India: Cereal crisis: Why government is rushing to tame rice, wheat prices
Retail inflation in India surged to a 15-month high of 7.44 percent in July due to a broad-based rise in food prices.
Rising inflation over the past few months, led by a surge in vegetable prices, has already put significant pressure on households. If that wasn’t enough, there is another bigger threat lurking in the background: a shortage of cereals, especially rice and wheat.
Over the past few weeks, officials from the government have been scrambling to introduce fresh measures to shore up domestic wheat supplies in a bid to cool local prices, which surged to their highest in six months last week.
India had already banned wheat exports last year after a sudden rise in temperatures hit outputs.
At the time, export demand had also shot up due to a global shortfall triggered by the Russia-Ukraine conflict. Despite the ban on exports, wheat prices kept rising.
Trade and industry officials suggest that even this year’s wheat output is lower than the government’s estimates of a record 112.74 million metric tonnes.
It’s not just wheat prices that have witnessed a sharp rise over the past few months. Prices of rice have been on the rise as well, due to a shortfall in production. This prompted the country to ban exports of non-basmati rice, triggering a global shortage and crisis.
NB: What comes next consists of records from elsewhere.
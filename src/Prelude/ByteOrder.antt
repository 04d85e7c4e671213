-- ===== src/Prelude/ByteOrder.antt =====
-- Bytes, and the little- and big-endian forms of fixed-width integers (`to_le_bytes` and so on).
use Prim.Native.Nat.{ℕ, zero, suc, ◌+◌, ◌*◌, ◌/◌, ◌%◌, ◌^◌, ◌<◌}
use mathlib.Core.Path.{◌≡◌, refl, ap, ◌∙◌}
use mathlib.Core.List.{List, [], ◌∷◌, reverse, reverse-reverse}
use Prim.Native.Char.{code}
use Prim.Native.String.{String}
use mathlib.Core.Option.{Option, none, some}
use mathlib.Core.Bool.{Bool, true, false, ◌&&◌}
use mathlib.Core.Logic.{◌↔◌, ◌≢◌}
use buran.Prelude.Tests.{◌==◌}
use native.Mathlib.Omega.{arith}
use native.Mathlib.Nat.{pow-suc}
use buran.Prelude.Lists.{length, All}

abbrev pub Bytes : Type 0
Bytes = List ℕ

abbrev pub AreBytes : Bytes → Type 0
AreBytes = All (λ b. b < 256)

-- A first part, made longer by the byte before it.
abbrev pub put_before : ℕ → Option (Bytes × Bytes) → Option (Bytes × Bytes)
put_before b (some (before, after)) = some (b ∷ before, after)
put_before b none = none

-- A byte string in which a byte does not stand.
abbrev pub Without : ℕ → List ℕ → Type 0
Without c = All (λ b. b ≢ c)

-- `k` bytes, the low one first.
abbrev pub le_bytes : ℕ → ℕ → Bytes
le_bytes zero n = []
le_bytes (suc k) n = (n % 256) ∷ le_bytes k (n / 256)

abbrev pub from_le : Bytes → ℕ
from_le [] = 0
from_le (b ∷ bs) = b + 256 * from_le bs

abbrev pub be_bytes : ℕ → ℕ → Bytes
be_bytes k n = reverse (le_bytes k n)

abbrev pub from_be : Bytes → ℕ
from_be bs = from_le (reverse bs)

pub from_le-le_bytes : (k n : ℕ) → n < 256 ^ k → from_le (le_bytes k n) ≡ n
from_le-le_bytes zero n h = omega arith
from_le-le_bytes (suc k) n h =
    omega (arith, from_le-le_bytes k (n / 256) (omega (arith, pow-suc 256 k)))

pub le_bytes-from_le : (bs : Bytes) → AreBytes bs → le_bytes (length bs) (from_le bs) ≡ bs
le_bytes-from_le [] h = refl
le_bytes-from_le (b ∷ bs) (hb, hs) =
    let low : (b + 256 * from_le bs) % 256 ≡ b = omega arith in
    let high : (b + 256 * from_le bs) / 256 ≡ from_le bs = omega arith in
    ap (λ x. x ∷ le_bytes (length bs) ((b + 256 * from_le bs) / 256)) low
    ∙ ap (λ x. b ∷ le_bytes (length bs) x) high
    ∙ ap (◌∷◌ b) (le_bytes-from_le bs hs)

pub from_be-be_bytes : (k n : ℕ) → n < 256 ^ k → from_be (be_bytes k n) ≡ n
from_be-be_bytes k n h = ap from_le (reverse-reverse (le_bytes k n)) ∙ from_le-le_bytes k n h

pub length-le_bytes : (k n : ℕ) → length (le_bytes k n) ≡ k
length-le_bytes zero n = refl
length-le_bytes (suc k) n = ap suc (length-le_bytes k (n / 256))

pub from_le-lt : (bs : Bytes) → AreBytes bs → from_le bs < 256 ^ length bs
from_le-lt [] h = omega arith
from_le-lt (b ∷ bs) (hb, hs) = omega (arith, pow-suc 256 (length bs), from_le-lt bs hs)

pub AreBytes-le_bytes : (k n : ℕ) → AreBytes (le_bytes k n)
AreBytes-le_bytes zero n = tt
AreBytes-le_bytes (suc k) n = (omega arith, AreBytes-le_bytes k (n / 256))

-- The code points of a text: its bytes, if it is ASCII.
abbrev pub codes : String → Bytes
codes String.[] = []
codes (String.◌∷◌ c s) = code c ∷ codes s

-- Equality of byte slices.
unfoldable pub bytes_eq : Bytes → Bytes → Bool
bytes_eq [] [] = true
bytes_eq (x ∷ xs) (y ∷ ys) = x == y && bytes_eq xs ys
bytes_eq _ _ = false

pub bytes_eq_iff : (a b : Bytes) → (bytes_eq a b ≡ true) ↔ (a ≡ b)
unfolding bytes_eq
bytes_eq_iff (x ∷ a) (y ∷ b) = ground (arith, bytes_eq_iff a b)
bytes_eq_iff _ _ = ground arith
While India’s move may have upset major wheat and rice importers around the globe, New Delhi’s sole focus remains on curbing prices of essential food items to support the vast population, many of whom earn less than Rs 250 per day.
Prime Minister Narendra Modi, in his Independence Day address, said India has taken several measures to control inflation and is better positioned than most developed peers, but added a word of caution.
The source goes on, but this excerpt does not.